Regs., Conn. State Agencies § 38-175a-6 provides, in pertinent part: “minimum provision for protection against uninsured motorist. (a) Coverage. The insurer shall undertake to pay on behalf of the insured all sums which the insured shall be legally entitled to recover as damages from the owner or operator of an uninsured motor vehicle because of bodily injury sustained by the insured caused by an accident involving the uninsured motor vehicle. This coverage shall insure the occupants of every motor vehicle to which the bodily injury liability coverage applies. ‘Uninsured motor vehicle’ includes a motor vehicle insured against liability by an insurer that is or becomes insolvent. . . .
“(d) Limits of liability. The limit of the insurer’s liability may not be less than the applicable limits for bodily injury liability specified in subsection (a) of section 14-112 of the general statutes, except that the policy may provide for the reduction of limits to the extent that damages have been (1) paid by or on behalf of any person responsible for the injury, (2) paid or are payable under any workers’ compensation or disability benefits law, or (3) paid under the policy in settlement of a liability claim. The policy may also provide that any direct indemnity for medical expense paid or payable under the policy or any amount of basic reparations benefits paid or payable under the policy will reduce the damages which the insured may recover under this coverage and any payment under these coverages shall reduce the company’s obligation under the bodily injury liability coverage to the extent of the payment.”
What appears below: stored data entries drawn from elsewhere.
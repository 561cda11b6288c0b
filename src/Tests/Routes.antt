-- ===== src/Tests/Routes.antt =====
-- The router at concrete messages.
use ilink_gateway.Prelude.{
  ◌≡◌, ◌⊎◌, refl, true, false, ◌&&◌, none, some, [], ◌∷◌, inl, inr, ◌++◌, arith,
}
use ilink_gateway.Text.{◌==◌, Text, codes}
use ilink_gateway.Text.Space.{join, split_whitespace, is_whitespace}
use ilink_gateway.Text.Utf8.{byte_len, width}
use ilink_gateway.Text.Search.{to_lowercase, starts_with}
use ilink_gateway.Error.{ok, err, panic}
use ilink_gateway.Types.{cmd}
use ilink_gateway.Types.Message.{message_text}
use ilink_gateway.Commands.{parse_command, is_dangerous_command}
use ilink_gateway.Commands.Grammar.{Typed}
use ilink_gateway.Router.{
  Router, is_admitted, is_dm_allowed, handle_incoming, no_text, no_active_agent,
}
use ilink_gateway.Router.Delivery.{Effect, handle_incoming-Effect}
use ilink_gateway.Router.Errors.{is_command, handle_incoming_errors}
use ilink_gateway.Router.Rules.{handle_incoming_dangerous, handle_incoming_panics}
use ilink_gateway.Tests.{hermes, router, shell, table, message}

handle_incoming-Effect_example :
    Effect
      (message (codes "hi"))
      hermes
      router
      (handle_incoming shell table (message (codes "hi")) router).1
handle_incoming-Effect_example =
    handle_incoming-Effect shell table (message (codes "hi")) hermes router

admitted : (t : Text) → is_admitted (message t) router ≡ true
unfolding is_admitted is_dm_allowed ◌==◌
admitted t = refl

reads : (t : Text) → message_text (message t) ≡ some t
unfolding message_text
reads t = refl

plain_hi : (starts_with (codes "/") (codes "hi") && is_command (parse_command (codes "hi"))) ≡ false
unfolding starts_with
plain_hi = refl

-- Nobody has chosen an agent yet.
abbrev idle : Router
idle = record router { active_agent = none }

idle_error : (handle_incoming shell table (message (codes "hi")) idle).0 ≡ err no_active_agent
unfolding handle_incoming ilink_gateway.Router.deliver is_admitted is_dm_allowed ◌==◌ message_text
    starts_with
idle_error = refl

handle_incoming_errors_example :
    (is_admitted (message (codes "hi")) idle ≡ true)
    × ((handle_incoming shell table (message (codes "hi")) idle).1 ≡ idle)
    × ((message_text (message (codes "hi")) ≡ none) × (no_active_agent ≡ no_text)
        ⊎ (idle.active_agent ≡ none) × (no_active_agent ≡ no_active_agent))
handle_incoming_errors_example =
    handle_incoming_errors shell table (message (codes "hi")) idle no_active_agent idle_error

abbrev erase : Text
erase = codes "rm -rf /"

erase-Typed : Typed (codes "/cmd rm -rf /") (cmd erase 30)
unfolding split_whitespace is_whitespace join ◌==◌
erase-Typed = (
  codes "cmd rm -rf /",
  refl,
  inl (codes "rm", codes "-rf" ∷ codes "/" ∷ [], refl, (inr refl, refl, refl)),
)

erase_danger : is_dangerous_command table erase ≡ true
unfolding is_dangerous_command to_lowercase ilink_gateway.Commands.contains_any
    ilink_gateway.Text.Search.contains_text
erase_danger = refl

handle_incoming_dangerous_example :
    handle_incoming shell table (message (codes "/cmd rm -rf /")) router
    ≡ (ok (some (codes "Dangerous command blocked: " ++ erase)), router)
handle_incoming_dangerous_example =
    handle_incoming_dangerous shell table (message (codes "/cmd rm -rf /")) router
      (codes "/cmd rm -rf /") erase 30 erase-Typed erase_danger (admitted _) (reads _)

date-Typed : Typed (codes "/cmd date") (cmd (codes "date") 30)
unfolding split_whitespace is_whitespace join
date-Typed = (codes "cmd date", refl, inl (codes "date", [], refl, (inl refl, refl, refl)))

date_safe : is_dangerous_command table (codes "date") ≡ false
unfolding is_dangerous_command to_lowercase ilink_gateway.Commands.contains_any
    ilink_gateway.Text.Search.contains_text
date_safe = refl

-- The output is three letters and the character 世, of three bytes, and the limit is four bytes.
handle_incoming_panics_example :
    (handle_incoming shell table (message (codes "/cmd date")) router).0 ≡ panic
unfolding byte_len width
handle_incoming_panics_example =
    handle_incoming_panics shell table (message (codes "/cmd date")) router (codes "/cmd date")
      (codes "date") (codes "abc") [] 30 19990 1 date-Typed date_safe (admitted _) (reads _) refl
      refl (omega arith) (omega arith)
General Statutes § 52-418 provides, in pertinent part: “(a) Upon the application of any party to an arbitration, the superior court . . . shall make an order vacating the award if it finds any of the following defects ... (4) if the arbitrators have exceeded their powers or so imperfectly executed them that a mutual, finite and definite award upon the subject matter submitted was not made.”
In this case, the arbitrator did not undertake an examination of the applicable law in reaching its decision. Under these circumstances, American Universal Ins. Co. v. DelGreco, 205 Conn. 178, 530 A.2d 171 (1987), requires the trial court to interpret and apply the relevant law.